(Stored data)
__________________________________________________

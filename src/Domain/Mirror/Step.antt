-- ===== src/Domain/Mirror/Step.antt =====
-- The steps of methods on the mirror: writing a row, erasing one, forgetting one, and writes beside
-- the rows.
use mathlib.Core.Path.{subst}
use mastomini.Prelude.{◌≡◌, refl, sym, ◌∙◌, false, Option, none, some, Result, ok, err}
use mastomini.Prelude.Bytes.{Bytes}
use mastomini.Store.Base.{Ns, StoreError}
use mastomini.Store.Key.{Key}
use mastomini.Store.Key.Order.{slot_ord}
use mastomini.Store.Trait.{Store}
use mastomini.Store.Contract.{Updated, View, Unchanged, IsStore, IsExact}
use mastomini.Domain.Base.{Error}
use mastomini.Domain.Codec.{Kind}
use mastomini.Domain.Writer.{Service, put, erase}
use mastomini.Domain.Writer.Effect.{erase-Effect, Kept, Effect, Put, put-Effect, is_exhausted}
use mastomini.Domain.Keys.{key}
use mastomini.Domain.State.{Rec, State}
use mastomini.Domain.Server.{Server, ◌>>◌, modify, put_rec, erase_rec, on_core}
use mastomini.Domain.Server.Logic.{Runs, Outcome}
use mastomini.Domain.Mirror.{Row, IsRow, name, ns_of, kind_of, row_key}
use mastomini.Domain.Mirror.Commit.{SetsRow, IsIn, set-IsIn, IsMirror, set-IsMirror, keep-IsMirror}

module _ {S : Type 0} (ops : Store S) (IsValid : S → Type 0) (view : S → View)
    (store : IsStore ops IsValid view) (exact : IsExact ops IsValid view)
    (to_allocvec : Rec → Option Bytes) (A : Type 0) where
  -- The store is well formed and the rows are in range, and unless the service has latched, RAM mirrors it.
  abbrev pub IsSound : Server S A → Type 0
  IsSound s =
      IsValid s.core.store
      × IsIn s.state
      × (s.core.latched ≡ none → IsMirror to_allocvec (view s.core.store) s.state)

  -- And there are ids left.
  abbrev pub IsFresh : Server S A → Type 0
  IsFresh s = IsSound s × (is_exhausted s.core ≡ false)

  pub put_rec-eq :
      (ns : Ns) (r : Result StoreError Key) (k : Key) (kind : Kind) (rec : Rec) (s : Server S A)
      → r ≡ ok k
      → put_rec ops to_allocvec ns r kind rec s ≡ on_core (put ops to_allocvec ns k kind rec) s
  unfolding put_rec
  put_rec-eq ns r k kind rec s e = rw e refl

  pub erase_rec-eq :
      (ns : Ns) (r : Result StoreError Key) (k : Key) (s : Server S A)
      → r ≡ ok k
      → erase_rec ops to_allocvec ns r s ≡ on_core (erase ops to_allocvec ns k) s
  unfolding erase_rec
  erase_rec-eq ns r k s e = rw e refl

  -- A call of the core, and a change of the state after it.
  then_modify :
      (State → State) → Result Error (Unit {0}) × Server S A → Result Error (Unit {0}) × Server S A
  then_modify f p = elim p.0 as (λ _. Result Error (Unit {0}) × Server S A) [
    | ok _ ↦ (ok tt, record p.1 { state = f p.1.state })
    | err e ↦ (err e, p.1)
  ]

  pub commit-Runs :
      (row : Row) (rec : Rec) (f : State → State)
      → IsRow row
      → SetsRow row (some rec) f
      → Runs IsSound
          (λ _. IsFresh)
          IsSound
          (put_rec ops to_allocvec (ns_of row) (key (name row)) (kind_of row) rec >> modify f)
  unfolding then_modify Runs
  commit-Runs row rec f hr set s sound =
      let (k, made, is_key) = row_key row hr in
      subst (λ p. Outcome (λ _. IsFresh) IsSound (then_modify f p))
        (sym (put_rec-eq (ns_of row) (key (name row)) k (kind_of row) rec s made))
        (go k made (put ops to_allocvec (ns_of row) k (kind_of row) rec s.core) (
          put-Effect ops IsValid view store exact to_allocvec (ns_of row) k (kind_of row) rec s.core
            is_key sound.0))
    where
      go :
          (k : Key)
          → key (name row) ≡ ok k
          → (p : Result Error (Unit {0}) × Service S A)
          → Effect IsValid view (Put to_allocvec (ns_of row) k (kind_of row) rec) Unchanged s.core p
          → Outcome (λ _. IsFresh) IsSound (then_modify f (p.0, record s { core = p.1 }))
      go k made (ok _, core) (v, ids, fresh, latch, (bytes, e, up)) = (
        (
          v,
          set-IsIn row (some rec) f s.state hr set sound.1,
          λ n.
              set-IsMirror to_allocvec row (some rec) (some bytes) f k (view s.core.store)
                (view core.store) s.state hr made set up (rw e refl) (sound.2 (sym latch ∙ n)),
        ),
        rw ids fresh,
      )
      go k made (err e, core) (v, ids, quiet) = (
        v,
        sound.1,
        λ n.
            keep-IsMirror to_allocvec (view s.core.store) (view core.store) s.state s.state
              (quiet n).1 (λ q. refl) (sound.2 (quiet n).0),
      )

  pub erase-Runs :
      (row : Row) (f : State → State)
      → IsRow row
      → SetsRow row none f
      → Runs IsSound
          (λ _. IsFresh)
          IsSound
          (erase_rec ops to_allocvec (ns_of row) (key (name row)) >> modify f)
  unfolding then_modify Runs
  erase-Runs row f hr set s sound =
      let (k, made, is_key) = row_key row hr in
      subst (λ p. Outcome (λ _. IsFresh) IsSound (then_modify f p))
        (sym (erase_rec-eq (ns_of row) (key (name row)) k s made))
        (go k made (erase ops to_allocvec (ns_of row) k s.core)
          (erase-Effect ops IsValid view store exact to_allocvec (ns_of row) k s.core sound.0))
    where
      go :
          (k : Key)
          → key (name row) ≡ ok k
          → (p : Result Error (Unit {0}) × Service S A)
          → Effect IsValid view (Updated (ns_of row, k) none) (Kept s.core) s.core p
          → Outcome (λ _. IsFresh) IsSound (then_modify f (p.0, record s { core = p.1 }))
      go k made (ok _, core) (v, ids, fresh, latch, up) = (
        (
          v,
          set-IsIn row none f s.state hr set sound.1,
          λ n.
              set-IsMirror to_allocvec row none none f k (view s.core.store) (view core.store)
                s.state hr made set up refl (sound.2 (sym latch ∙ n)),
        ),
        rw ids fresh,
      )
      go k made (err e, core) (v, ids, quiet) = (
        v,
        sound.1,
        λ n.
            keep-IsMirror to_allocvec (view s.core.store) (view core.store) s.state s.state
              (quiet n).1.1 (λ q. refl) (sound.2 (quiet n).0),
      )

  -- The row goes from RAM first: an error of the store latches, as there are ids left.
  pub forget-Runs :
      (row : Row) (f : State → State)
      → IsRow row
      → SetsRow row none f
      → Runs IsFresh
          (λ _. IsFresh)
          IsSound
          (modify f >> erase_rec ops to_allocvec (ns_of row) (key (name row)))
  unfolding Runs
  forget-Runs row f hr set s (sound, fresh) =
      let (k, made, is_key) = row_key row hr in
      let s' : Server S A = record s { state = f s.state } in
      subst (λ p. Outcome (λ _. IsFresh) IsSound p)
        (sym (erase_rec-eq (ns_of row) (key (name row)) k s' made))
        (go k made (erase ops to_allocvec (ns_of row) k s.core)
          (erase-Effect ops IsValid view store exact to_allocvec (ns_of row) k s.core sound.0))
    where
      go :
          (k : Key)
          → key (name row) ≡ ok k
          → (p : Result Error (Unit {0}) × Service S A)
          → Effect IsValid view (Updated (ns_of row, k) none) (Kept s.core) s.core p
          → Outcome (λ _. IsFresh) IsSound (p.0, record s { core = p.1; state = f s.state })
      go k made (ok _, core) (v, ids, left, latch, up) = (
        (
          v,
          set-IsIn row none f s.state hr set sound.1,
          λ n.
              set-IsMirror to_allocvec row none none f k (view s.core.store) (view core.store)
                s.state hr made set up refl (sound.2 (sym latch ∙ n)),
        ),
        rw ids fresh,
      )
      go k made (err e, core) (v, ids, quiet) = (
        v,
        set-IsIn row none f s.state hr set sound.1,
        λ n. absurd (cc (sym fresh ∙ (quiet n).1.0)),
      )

__________________________________________________

• WORK REQUIRED: Lines that contain "unfolding" are to be copied from the records above.

• SOLUTION TO THE EXERCISE:
  unfolding put_rec
  unfolding erase_rec
  unfolding then_modify Runs
  unfolding then_modify Runs
  unfolding Runs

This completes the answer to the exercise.